From the look of your code, you are letting yourself in for a lot of boilerplate. You might be best served looking at a single problem and saying "What's the simplest thing that could possibly work" and implement only that--then move to the next problem. If you find similarities pop up THEN refactor into something more general. When you are working on business logic, don't immediately try to make reusable tools, instead make a business class that just does what you need and wait for patterns to emerge later.

Here's why I'm assuming you are building general tools: In Java, Generics are mostly a tool for tool builders.
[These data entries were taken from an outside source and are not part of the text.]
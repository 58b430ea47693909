-- ===== src/Mm/Buddy.antt =====
-- kernel/src/mm/phys/buddy.rs: free lists of blocks of `2 ^ order` frames, one for each memory node
-- and order, linked through a pool of blocks that only grows. Every operation works on the frame
-- bitmap too. A result of none is a panic, or a walk over more links than the pool has blocks.
pub mod Orders
pub mod Split
pub mod Tests
use theory_os.Base.{
  ℕ, zero, suc, ◌+◌, ◌-◌, ◌*◌, ◌/◌, ◌%◌, ◌^◌, Bool, true, false, not, ◌&&◌, ◌||◌, List, [], ◌∷◌,
  Option, none, some, length, get_elem?, set, replicate, ltb, leb, ◌==◌, if◌then◌else◌, min, max,
}
use theory_os.Mm.Checked.{◌>>=◌}
use theory_os.Mm.Bitmap.{FrameBitmap, is_free, set_used, set_free}
use Prim.Native.Nat.{bit_xor}

abbrev pub max_order : ℕ
max_order = 10

abbrev pub max_nodes : ℕ
max_nodes = 8

pub record FreeBlock : Type 0 where
  pub frame : ℕ
  pub order : ℕ
  pub next : Option ℕ

-- `blocks` holds none where no block has been written.
pub record BuddyAllocator : Type 0 where
  pub free_lists : List (List (Option ℕ))
  pub blocks : List (Option FreeBlock)
  pub next_block : ℕ

-- `new`, on a pool of `block_count` blocks.
unfoldable pub new : ℕ → BuddyAllocator
new block_count = record {
  free_lists = replicate max_nodes (replicate (max_order + 1) none);
  blocks = replicate block_count none;
  next_block = 0;
}

-- `free_lists[node][order]`.
abbrev pub head_of : BuddyAllocator → ℕ → ℕ → Option (Option ℕ)
head_of a node order = do lists ← get_elem? a.free_lists node; get_elem? lists order

-- An assignment to it.
abbrev pub set_head : BuddyAllocator → ℕ → ℕ → Option ℕ → Option BuddyAllocator
set_head a node order head = do
  lists ← get_elem? a.free_lists node
  old ← get_elem? lists order
  some (record a { free_lists = set a.free_lists node (set lists order head) })

abbrev pub block : BuddyAllocator → ℕ → Option FreeBlock
block a idx = do slot ← get_elem? a.blocks idx; slot

unfoldable pub push_block : BuddyAllocator → ℕ → ℕ → ℕ → Option BuddyAllocator
push_block a node frame order =
    if ltb a.next_block (length a.blocks)
    then (do
      head ← head_of a node order
      let written : FreeBlock = record { frame = frame; order = order; next = head } in
          set_head
            (record a {
              blocks = set a.blocks a.next_block (some written);
              next_block = a.next_block + 1;
            })
            node order (some a.next_block))
    else none

-- The walk of `take_buddy`, with the block before the current one.
unfoldable pub walk :
    ℕ → BuddyAllocator → ℕ → ℕ → ℕ → Option ℕ → Option ℕ → Option (Bool × BuddyAllocator)
walk zero a node buddy order prev current = none
walk (suc fuel) a node buddy order prev none = some (false, a)
walk (suc fuel) a node buddy order prev (some idx) = do
  b ← block a idx
  elim ((b.frame == buddy) && (b.order == order)) [
    | false ↦ walk fuel a node buddy order (some idx) b.next
    | true ↦ elim prev [
      | none ↦ do a' ← set_head a node order b.next; some (true, a')
      | some p ↦ do
        before ← block a p
        some (true, record a { blocks = set a.blocks p (some (record before { next = b.next })) })
    ]
  ]

unfoldable pub take_buddy :
    FrameBitmap → BuddyAllocator → ℕ → ℕ → ℕ → Option (Bool × BuddyAllocator)
unfolding walk is_free
take_buddy bitmap a node buddy order = do
  unused ← is_free bitmap buddy
  if unused
      then (do head ← head_of a node order; walk (length a.blocks + 1) a node buddy order none head)
      else some (false, a)

-- The splitting loop of `alloc`: `n` halvings of the block at `frame`, whose upper halves are freed.
unfoldable pub split :
    ℕ → FrameBitmap → BuddyAllocator → ℕ → ℕ → ℕ → Option (FrameBitmap × BuddyAllocator)
unfolding set_free push_block
split zero bitmap a node frame order = some (bitmap, a)
split (suc n) bitmap a node frame order = do
  let buddy = frame + 2 ^ (order + n)
  bitmap' ← set_free bitmap buddy
  a' ← push_block a node buddy (order + n)
  split n bitmap' a' node frame order

-- The search of one node's lists, from order `order + n - 1` down to `order`.
unfoldable pub alloc_on :
    ℕ → FrameBitmap → BuddyAllocator → ℕ → ℕ → Option (Option ℕ × FrameBitmap × BuddyAllocator)
unfolding split set_used
alloc_on zero bitmap a node order = some (none, bitmap, a)
alloc_on (suc n) bitmap a node order = do
  head ← head_of a node (order + n)
  elim head [
    | none ↦ alloc_on n bitmap a node order
    | some idx ↦ do
      b ← block a idx
      a' ← set_head a node (order + n) b.next
      (bitmap', a'') ← split n bitmap a' node b.frame order
      bitmap'' ← set_used bitmap' b.frame
      some (some b.frame, bitmap'', a'')
  ]

-- The search of the other nodes, the last `n` of them.
unfoldable pub alloc_others :
    ℕ → FrameBitmap → BuddyAllocator → ℕ → ℕ → Option (Option ℕ × FrameBitmap × BuddyAllocator)
unfolding alloc_on
alloc_others zero bitmap a node order = some (none, bitmap, a)
alloc_others (suc n) bitmap a node order = elim (max_nodes - suc n == node) [
  | true ↦ alloc_others n bitmap a node order
  | false ↦ do
    (found, bitmap', a') ← alloc_on (11 - order) bitmap a (max_nodes - suc n) order
    elim found [
      | none ↦ alloc_others n bitmap' a' node order
      | some frame ↦ some (some frame, bitmap', a')
    ]
]

unfoldable pub alloc :
    FrameBitmap → BuddyAllocator → ℕ → ℕ → Option (Option ℕ × FrameBitmap × BuddyAllocator)
unfolding alloc_on alloc_others
alloc bitmap a order node = do
  (found, bitmap', a') ← alloc_on (11 - min order max_order) bitmap a node (min order max_order)
  elim found [
    | none ↦ alloc_others max_nodes bitmap' a' node (min order max_order)
    | some frame ↦ some (some frame, bitmap', a')
  ]

-- The merging loop of `free`, for at most `n` orders from `order` on: the frame and the order of the
-- merged block.
unfoldable pub merge :
    ℕ → FrameBitmap → BuddyAllocator → ℕ → ℕ → ℕ → Option (ℕ × ℕ × FrameBitmap × BuddyAllocator)
unfolding take_buddy set_free
merge zero bitmap a node frame order = some (frame, order, bitmap, a)
merge (suc n) bitmap a node frame order =
    let buddy = bit_xor frame (2 ^ order) in
    elim (leb bitmap.frame_count buddy) [
      | true ↦ some (frame, order, bitmap, a)
      | false ↦ do
        (taken, a') ← take_buddy bitmap a node buddy order
        elim taken [
          | false ↦ some (frame, order, bitmap, a')
          | true ↦ do
            bitmap' ← set_free bitmap (min frame buddy)
            merge n bitmap' a' node (min frame buddy) (suc order)
        ]
    ]

unfoldable pub free :
    FrameBitmap → BuddyAllocator → ℕ → ℕ → ℕ → Option (FrameBitmap × BuddyAllocator)
unfolding set_free merge push_block
free bitmap a frame order node = do
  bitmap' ← set_free bitmap frame
  (frame', order', bitmap'', a') ←
      merge (11 - min order max_order) bitmap' a node frame (min order max_order)
  a'' ← push_block a' node frame' order'
  some (bitmap'', a'')

-- The choice of the block order in `add_region`, `order` or less: the greatest that divides the
-- frame's number, fits, and whose frames are all free.
unfoldable pub all_free : FrameBitmap → ℕ → ℕ → Option Bool
unfolding is_free
all_free bitmap frame zero = some true
all_free bitmap frame (suc n) = do
  unused ← is_free bitmap frame
  elim unused [ true ↦ all_free bitmap (suc frame) n | false ↦ some false ]

unfoldable pub fit_order : ℕ → FrameBitmap → ℕ → ℕ → Option ℕ
unfolding all_free
fit_order zero bitmap frame end = some 0
fit_order (suc order) bitmap frame end =
    let size = 2 ^ suc order in
    elim (not (frame % size == 0) || ltb end (frame + size)) [
      | true ↦ fit_order order bitmap frame end
      | false ↦ do
        unused ← all_free bitmap frame size
        elim unused [ true ↦ some (suc order) | false ↦ fit_order order bitmap frame end ]
    ]

unfoldable pub use_frames : FrameBitmap → ℕ → ℕ → Option FrameBitmap
unfolding set_used
use_frames bitmap frame zero = some bitmap
use_frames bitmap frame (suc n) = do
  bitmap' ← set_used bitmap frame
  use_frames bitmap' (suc frame) n

-- The loop of `add_region`; each round takes at least one of the frames that are left.
unfoldable pub add_blocks :
    ℕ → FrameBitmap → BuddyAllocator → ℕ → ℕ → ℕ → Option (FrameBitmap × BuddyAllocator)
unfolding fit_order use_frames push_block
add_blocks zero bitmap a node frame end = some (bitmap, a)
add_blocks (suc n) bitmap a node frame end = elim (ltb frame end) [
  | false ↦ some (bitmap, a)
  | true ↦ do
    order ← fit_order max_order bitmap frame end
    bitmap' ← use_frames bitmap frame (2 ^ order)
    a' ← push_block a node frame order
    add_blocks n bitmap' a' node (frame + 2 ^ order) end
]

unfoldable pub add_region :
    BuddyAllocator → FrameBitmap → ℕ → ℕ → ℕ → Option (FrameBitmap × BuddyAllocator)
unfolding add_blocks
add_region a bitmap start_frame frame_count node =
    if (frame_count == 0) || leb max_nodes node
    then some (bitmap, a)
    else add_blocks frame_count bitmap a node start_frame (start_frame + frame_count)

-- `pages.next_power_of_two()` on a word: the least power from `2 ^ k` on, of the next `n`.
unfoldable pub power_from : ℕ → ℕ → ℕ → ℕ
power_from zero k pages = 2 ^ k
power_from (suc n) k pages =
    let rest = power_from n (suc k) pages in if leb pages (2 ^ k) then 2 ^ k else rest

unfoldable pub next_power_of_two : ℕ → ℕ
unfolding power_from
next_power_of_two pages = power_from 63 0 pages

-- The loop of `order_for_count`, which raises the order at most `n` times.
unfoldable pub raise_order : ℕ → ℕ → ℕ → ℕ
raise_order zero order need = order
raise_order (suc n) order need =
    let rest = raise_order n (suc order) need in
    if ltb (2 ^ order) need && ltb order max_order then rest else order

unfoldable pub order_for_count : ℕ → ℕ
unfolding raise_order next_power_of_two
order_for_count pages = raise_order max_order 0 (max (next_power_of_two pages) 1)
Not exclusively (They come in handy a lot), but if you need a hashmap-based class that holds, say, Invoices indexed by invoice number, you would build a class that is exactly that, InvoiceHolder. a getInvoice would take an invoice number and return an invoice object--no generics needed outside the class.

You seem to be trying to simplify properties access throughout your app--which is a laudable goal, but as I said earlier, it's tooling. The easiest way to figure out tooling is to do the simple thing first then only generalize it as required by DRY, otherwise YAGNI.

A second point: Extends generally adds to the complexity of your code and does not provide the benefit you'd think. I learned this the hard way because it seems like a very powerful tool, it just doesn't usually work out that way. Wherever possible consider encapsulation first. This doesn't mean never extend, it just means that a combination of containing another object and/or implementing an interface always seems to work out better than sub-classing even if you have to have a couple forwarding methods.